▶ **Try it**: A single stretch of the material below is to be transcribed exactly, starting at the line with "unfolding ranks contains" and ending after the line with "ids-keys ((k, v)".

**** Supplied information ****

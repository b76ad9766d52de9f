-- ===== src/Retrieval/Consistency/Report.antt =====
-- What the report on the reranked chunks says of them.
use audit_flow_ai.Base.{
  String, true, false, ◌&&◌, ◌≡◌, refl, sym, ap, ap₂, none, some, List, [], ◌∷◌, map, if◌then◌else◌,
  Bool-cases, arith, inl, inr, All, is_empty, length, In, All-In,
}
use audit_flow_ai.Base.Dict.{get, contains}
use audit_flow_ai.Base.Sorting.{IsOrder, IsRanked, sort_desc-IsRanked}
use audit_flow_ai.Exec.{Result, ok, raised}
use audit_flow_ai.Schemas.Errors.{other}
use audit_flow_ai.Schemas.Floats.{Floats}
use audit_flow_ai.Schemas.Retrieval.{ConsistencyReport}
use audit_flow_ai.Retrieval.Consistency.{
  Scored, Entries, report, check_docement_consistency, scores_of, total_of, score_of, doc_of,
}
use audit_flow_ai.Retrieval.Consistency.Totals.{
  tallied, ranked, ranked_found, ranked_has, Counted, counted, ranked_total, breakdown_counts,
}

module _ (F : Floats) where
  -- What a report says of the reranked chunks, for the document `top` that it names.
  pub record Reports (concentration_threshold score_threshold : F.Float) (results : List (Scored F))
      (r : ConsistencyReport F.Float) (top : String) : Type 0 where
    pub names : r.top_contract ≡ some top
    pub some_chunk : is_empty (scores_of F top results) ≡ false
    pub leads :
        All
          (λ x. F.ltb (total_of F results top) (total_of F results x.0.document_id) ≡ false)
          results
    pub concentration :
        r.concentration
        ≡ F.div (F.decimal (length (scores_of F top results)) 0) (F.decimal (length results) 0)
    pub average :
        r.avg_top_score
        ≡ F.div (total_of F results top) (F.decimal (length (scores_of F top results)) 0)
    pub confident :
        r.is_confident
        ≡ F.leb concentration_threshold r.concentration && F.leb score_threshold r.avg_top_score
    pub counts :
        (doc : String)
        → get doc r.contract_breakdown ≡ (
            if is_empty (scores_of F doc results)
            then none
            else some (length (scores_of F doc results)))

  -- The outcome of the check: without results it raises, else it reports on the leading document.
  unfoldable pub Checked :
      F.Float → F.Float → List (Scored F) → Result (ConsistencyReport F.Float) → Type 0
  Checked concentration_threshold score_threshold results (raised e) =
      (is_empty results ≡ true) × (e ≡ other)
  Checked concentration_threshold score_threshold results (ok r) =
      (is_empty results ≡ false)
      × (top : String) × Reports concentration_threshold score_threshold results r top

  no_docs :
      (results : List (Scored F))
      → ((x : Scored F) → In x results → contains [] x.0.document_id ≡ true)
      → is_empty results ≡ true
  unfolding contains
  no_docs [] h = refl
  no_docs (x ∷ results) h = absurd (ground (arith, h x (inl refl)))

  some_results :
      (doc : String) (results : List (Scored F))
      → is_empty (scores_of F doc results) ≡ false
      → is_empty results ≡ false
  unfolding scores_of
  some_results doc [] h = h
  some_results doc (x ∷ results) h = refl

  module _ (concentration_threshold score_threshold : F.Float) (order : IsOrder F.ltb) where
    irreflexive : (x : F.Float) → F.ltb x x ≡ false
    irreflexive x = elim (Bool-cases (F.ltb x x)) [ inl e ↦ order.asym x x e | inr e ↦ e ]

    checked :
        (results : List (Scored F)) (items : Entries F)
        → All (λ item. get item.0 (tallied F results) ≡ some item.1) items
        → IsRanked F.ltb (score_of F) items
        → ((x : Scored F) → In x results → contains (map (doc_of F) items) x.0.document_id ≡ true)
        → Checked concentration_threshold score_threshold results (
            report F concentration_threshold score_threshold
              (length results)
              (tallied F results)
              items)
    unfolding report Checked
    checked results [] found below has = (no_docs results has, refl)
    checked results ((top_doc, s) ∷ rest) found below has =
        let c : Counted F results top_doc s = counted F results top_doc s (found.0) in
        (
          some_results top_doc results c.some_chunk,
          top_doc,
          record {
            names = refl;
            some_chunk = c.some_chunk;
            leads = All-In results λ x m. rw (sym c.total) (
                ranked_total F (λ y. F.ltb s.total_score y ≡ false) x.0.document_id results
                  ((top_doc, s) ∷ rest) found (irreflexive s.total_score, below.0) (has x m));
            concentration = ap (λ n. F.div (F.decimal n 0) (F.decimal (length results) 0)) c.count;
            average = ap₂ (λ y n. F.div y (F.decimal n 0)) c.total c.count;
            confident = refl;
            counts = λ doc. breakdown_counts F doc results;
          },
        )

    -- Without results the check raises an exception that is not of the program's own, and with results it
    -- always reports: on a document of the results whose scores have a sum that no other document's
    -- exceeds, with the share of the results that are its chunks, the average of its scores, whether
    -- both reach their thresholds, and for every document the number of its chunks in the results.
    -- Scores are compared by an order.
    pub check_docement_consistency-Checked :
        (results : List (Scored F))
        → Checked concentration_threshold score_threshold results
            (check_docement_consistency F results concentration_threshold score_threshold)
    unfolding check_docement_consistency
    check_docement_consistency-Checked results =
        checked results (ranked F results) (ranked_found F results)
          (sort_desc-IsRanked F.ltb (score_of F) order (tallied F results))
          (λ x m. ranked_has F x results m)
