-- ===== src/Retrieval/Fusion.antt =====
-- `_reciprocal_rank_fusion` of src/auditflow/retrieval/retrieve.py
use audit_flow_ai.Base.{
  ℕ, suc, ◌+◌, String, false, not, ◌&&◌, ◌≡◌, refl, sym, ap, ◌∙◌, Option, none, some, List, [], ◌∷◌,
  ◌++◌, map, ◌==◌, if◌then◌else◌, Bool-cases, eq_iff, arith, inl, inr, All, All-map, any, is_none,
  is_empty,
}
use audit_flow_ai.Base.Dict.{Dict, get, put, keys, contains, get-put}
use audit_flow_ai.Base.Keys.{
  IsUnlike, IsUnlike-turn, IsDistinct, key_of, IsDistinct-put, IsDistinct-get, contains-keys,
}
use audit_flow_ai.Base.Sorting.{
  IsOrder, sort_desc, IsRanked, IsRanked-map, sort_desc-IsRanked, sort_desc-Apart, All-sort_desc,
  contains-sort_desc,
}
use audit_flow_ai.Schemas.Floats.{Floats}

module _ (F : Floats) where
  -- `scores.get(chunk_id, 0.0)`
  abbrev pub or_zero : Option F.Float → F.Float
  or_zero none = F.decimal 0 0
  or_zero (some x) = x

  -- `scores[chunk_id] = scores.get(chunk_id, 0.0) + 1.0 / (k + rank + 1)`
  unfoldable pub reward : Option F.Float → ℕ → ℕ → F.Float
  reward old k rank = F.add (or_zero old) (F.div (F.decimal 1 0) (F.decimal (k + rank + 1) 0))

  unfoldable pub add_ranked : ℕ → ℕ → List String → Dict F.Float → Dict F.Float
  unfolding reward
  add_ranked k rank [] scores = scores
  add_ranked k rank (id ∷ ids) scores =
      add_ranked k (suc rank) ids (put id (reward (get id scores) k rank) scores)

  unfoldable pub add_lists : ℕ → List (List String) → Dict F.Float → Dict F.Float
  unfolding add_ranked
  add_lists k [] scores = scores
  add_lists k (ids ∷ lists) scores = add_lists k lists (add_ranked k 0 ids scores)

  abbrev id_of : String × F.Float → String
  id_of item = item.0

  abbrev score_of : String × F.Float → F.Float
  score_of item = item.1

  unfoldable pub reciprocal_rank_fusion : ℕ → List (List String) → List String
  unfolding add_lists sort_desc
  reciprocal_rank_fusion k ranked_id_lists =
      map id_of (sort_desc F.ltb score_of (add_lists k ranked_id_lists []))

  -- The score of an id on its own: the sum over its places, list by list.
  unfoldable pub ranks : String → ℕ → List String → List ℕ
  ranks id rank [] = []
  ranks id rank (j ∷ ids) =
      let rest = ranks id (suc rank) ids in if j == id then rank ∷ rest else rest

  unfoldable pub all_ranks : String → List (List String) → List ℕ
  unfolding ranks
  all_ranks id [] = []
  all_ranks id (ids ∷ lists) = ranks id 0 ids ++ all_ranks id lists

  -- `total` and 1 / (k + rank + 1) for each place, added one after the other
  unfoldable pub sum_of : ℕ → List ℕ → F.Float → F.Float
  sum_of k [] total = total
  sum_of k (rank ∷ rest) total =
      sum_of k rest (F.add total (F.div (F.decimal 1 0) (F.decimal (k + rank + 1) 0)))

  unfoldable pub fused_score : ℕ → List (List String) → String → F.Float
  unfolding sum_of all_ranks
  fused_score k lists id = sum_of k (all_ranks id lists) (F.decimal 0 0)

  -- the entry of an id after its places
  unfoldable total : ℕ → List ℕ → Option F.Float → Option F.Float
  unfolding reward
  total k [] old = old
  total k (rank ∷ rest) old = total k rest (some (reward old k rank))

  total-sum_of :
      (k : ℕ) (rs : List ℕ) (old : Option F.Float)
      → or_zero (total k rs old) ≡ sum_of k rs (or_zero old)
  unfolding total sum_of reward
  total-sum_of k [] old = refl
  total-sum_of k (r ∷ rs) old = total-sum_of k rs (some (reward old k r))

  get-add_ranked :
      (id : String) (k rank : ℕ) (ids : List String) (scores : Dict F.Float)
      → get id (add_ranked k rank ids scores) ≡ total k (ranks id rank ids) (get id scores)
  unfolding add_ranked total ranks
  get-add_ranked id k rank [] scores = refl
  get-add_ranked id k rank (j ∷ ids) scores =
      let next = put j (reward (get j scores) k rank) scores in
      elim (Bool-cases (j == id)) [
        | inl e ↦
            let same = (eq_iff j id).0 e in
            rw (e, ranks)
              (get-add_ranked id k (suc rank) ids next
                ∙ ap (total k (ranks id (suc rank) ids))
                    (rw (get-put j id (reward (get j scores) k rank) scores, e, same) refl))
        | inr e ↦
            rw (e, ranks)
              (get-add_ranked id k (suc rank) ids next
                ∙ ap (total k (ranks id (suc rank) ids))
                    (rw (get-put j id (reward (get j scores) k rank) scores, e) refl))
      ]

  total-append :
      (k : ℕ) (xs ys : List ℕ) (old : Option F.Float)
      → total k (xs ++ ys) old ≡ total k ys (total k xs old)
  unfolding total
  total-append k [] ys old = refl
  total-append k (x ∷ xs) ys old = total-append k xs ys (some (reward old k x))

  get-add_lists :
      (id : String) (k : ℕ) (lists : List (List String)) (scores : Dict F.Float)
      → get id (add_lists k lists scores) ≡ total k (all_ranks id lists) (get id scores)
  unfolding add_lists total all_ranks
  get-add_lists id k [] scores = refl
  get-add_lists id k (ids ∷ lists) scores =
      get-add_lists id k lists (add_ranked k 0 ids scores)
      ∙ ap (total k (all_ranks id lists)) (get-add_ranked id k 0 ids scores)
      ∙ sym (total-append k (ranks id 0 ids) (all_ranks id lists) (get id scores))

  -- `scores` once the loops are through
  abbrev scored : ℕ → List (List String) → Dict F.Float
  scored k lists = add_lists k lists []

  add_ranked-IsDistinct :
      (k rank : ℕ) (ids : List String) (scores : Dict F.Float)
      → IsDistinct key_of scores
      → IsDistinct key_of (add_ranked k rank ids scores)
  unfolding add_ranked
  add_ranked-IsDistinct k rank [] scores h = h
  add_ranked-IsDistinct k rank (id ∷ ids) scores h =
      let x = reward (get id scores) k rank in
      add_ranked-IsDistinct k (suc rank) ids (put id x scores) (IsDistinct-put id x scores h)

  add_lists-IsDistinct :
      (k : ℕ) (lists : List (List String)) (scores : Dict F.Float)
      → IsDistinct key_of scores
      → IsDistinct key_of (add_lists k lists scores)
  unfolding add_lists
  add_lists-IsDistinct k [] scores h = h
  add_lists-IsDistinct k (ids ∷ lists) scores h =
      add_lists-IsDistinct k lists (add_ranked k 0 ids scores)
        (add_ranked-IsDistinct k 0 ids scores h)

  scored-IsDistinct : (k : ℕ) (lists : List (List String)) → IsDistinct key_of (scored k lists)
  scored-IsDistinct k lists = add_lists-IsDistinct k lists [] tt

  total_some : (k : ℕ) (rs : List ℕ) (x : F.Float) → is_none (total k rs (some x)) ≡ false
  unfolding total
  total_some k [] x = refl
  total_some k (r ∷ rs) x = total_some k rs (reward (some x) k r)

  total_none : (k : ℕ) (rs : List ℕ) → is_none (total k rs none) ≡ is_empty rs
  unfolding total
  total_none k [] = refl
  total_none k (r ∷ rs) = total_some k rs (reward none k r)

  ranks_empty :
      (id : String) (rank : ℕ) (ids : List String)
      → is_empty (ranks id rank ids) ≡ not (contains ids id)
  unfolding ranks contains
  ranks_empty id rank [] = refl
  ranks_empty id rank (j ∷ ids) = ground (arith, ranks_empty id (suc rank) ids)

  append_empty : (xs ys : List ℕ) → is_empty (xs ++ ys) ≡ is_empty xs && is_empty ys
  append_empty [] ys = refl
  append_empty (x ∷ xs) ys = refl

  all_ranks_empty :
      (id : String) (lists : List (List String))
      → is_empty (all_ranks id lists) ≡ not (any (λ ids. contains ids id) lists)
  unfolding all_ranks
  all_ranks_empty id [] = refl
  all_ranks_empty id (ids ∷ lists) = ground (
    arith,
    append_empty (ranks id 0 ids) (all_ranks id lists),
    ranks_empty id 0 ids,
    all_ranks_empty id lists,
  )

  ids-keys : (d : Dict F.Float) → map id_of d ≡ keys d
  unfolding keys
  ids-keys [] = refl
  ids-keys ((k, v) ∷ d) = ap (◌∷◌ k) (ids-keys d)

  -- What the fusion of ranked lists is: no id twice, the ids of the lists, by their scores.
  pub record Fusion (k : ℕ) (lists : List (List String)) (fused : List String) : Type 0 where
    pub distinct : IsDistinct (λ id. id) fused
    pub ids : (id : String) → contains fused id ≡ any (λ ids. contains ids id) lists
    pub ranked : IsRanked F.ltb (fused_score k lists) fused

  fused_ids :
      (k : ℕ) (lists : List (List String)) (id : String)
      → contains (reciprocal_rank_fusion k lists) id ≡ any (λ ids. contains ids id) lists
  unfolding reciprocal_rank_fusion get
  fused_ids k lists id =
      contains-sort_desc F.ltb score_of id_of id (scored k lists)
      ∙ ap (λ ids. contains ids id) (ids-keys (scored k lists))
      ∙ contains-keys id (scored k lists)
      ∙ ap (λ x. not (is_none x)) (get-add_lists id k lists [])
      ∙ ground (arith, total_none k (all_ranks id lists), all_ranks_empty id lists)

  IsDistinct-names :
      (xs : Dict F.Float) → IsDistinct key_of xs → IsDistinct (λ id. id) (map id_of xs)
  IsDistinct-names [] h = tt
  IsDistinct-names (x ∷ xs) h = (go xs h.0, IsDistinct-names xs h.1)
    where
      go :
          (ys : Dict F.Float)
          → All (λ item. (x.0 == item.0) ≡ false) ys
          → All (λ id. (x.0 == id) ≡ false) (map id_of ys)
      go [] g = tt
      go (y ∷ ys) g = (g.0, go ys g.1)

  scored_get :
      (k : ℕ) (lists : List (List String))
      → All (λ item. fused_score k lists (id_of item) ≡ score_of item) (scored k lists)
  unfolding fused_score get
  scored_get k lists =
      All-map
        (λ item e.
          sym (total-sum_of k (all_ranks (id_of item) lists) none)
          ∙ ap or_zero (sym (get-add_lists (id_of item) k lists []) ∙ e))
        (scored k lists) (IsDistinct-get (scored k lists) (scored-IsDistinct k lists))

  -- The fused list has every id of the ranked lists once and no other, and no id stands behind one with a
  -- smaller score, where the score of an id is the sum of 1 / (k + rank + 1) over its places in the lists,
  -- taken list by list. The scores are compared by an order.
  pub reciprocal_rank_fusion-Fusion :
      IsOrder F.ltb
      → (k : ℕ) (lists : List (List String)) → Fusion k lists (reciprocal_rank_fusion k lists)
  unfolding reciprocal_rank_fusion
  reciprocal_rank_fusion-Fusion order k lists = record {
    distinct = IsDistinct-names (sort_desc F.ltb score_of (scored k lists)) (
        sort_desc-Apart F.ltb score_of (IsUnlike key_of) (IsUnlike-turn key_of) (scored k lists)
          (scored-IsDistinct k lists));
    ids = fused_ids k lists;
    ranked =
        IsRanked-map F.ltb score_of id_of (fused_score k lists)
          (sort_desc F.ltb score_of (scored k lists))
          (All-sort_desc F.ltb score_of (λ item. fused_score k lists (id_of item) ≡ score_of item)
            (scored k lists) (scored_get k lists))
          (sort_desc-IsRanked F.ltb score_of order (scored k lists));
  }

****
**** Supplied information ****

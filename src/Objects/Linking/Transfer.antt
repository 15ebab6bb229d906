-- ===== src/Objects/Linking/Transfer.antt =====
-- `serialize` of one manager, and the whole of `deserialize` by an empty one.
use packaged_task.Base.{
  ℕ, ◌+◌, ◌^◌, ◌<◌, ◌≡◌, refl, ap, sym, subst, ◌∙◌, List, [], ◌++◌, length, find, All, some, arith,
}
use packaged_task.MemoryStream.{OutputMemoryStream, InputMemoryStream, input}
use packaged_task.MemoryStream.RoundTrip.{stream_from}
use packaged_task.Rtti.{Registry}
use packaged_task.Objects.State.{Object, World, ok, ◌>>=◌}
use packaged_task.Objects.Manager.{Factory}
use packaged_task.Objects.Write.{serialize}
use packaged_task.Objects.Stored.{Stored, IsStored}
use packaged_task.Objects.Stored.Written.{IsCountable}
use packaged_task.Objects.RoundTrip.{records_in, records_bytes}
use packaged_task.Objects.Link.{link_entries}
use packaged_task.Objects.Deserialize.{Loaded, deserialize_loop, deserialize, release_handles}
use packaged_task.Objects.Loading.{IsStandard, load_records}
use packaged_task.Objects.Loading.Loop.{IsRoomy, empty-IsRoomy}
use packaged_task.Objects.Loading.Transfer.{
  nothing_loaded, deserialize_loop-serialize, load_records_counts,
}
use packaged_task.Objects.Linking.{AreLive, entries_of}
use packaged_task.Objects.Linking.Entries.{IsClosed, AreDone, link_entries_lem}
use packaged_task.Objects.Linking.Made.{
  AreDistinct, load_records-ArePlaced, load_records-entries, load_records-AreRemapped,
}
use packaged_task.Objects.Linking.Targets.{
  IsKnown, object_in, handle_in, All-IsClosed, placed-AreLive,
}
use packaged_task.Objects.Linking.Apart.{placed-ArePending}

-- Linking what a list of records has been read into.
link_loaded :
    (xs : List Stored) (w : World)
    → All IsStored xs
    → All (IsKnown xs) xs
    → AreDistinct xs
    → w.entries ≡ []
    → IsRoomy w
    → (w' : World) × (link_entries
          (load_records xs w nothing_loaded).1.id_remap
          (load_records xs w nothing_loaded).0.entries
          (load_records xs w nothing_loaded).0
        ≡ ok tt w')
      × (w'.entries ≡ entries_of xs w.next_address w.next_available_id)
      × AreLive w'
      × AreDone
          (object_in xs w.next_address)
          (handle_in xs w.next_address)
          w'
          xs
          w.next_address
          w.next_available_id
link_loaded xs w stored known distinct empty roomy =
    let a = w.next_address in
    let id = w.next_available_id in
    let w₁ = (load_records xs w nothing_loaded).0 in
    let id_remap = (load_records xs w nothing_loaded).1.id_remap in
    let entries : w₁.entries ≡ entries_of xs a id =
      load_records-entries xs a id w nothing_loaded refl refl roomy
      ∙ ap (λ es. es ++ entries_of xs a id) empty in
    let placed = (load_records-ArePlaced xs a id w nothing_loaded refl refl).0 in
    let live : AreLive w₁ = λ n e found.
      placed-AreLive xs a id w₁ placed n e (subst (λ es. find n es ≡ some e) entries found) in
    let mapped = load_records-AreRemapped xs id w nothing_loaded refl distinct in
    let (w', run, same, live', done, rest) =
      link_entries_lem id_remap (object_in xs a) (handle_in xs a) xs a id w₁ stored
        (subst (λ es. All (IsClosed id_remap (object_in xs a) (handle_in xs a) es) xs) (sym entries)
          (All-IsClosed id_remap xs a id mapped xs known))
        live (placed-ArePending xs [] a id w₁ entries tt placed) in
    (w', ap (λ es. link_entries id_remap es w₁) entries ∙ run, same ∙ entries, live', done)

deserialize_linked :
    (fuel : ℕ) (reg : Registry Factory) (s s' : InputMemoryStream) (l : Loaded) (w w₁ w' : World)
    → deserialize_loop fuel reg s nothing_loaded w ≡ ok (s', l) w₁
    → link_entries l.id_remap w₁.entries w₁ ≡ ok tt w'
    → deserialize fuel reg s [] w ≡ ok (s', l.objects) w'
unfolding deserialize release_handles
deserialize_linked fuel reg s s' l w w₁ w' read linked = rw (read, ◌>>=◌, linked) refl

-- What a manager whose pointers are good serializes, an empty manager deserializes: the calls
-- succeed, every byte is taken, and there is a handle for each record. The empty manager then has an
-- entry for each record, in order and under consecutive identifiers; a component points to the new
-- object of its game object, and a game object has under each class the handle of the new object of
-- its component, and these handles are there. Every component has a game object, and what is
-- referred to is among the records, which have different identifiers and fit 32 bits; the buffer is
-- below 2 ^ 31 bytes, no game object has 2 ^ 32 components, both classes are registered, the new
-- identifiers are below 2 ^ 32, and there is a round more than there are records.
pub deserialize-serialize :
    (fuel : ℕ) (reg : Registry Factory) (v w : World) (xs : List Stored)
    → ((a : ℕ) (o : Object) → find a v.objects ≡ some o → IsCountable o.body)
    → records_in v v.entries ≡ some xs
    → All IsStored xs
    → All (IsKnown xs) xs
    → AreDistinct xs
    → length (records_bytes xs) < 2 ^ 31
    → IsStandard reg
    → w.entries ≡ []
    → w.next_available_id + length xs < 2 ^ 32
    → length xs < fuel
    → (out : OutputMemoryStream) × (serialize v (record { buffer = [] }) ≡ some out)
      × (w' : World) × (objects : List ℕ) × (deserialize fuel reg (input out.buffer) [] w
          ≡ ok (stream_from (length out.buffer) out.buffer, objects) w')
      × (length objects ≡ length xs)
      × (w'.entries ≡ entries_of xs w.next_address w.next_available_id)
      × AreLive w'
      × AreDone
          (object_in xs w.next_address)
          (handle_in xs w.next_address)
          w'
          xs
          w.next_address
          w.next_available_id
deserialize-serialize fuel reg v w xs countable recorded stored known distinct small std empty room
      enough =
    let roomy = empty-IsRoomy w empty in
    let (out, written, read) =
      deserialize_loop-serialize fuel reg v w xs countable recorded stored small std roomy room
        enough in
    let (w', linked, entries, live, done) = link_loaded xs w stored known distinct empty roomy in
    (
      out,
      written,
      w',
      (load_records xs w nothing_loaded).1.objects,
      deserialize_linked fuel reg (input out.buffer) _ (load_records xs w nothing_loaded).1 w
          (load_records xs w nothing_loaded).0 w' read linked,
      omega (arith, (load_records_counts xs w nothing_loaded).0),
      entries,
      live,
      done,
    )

****

▶ **Exercise output**:
  unfolding ranks contains
  ranks_empty id rank [] = refl
  ranks_empty id rank (j ∷ ids) = ground (arith, ranks_empty id (suc rank) ids)

  append_empty : (xs ys : List ℕ) → is_empty (xs ++ ys) ≡ is_empty xs && is_empty ys
  append_empty [] ys = refl
  append_empty (x ∷ xs) ys = refl

  all_ranks_empty :
      (id : String) (lists : List (List String))
      → is_empty (all_ranks id lists) ≡ not (any (λ ids. contains ids id) lists)
  unfolding all_ranks
  all_ranks_empty id [] = refl
  all_ranks_empty id (ids ∷ lists) = ground (
    arith,
    append_empty (ranks id 0 ids) (all_ranks id lists),
    ranks_empty id 0 ids,
    all_ranks_empty id lists,
  )

  ids-keys : (d : Dict F.Float) → map id_of d ≡ keys d
  unfolding keys
  ids-keys [] = refl
  ids-keys ((k, v) ∷ d) = ap (◌∷◌ k) (ids-keys d)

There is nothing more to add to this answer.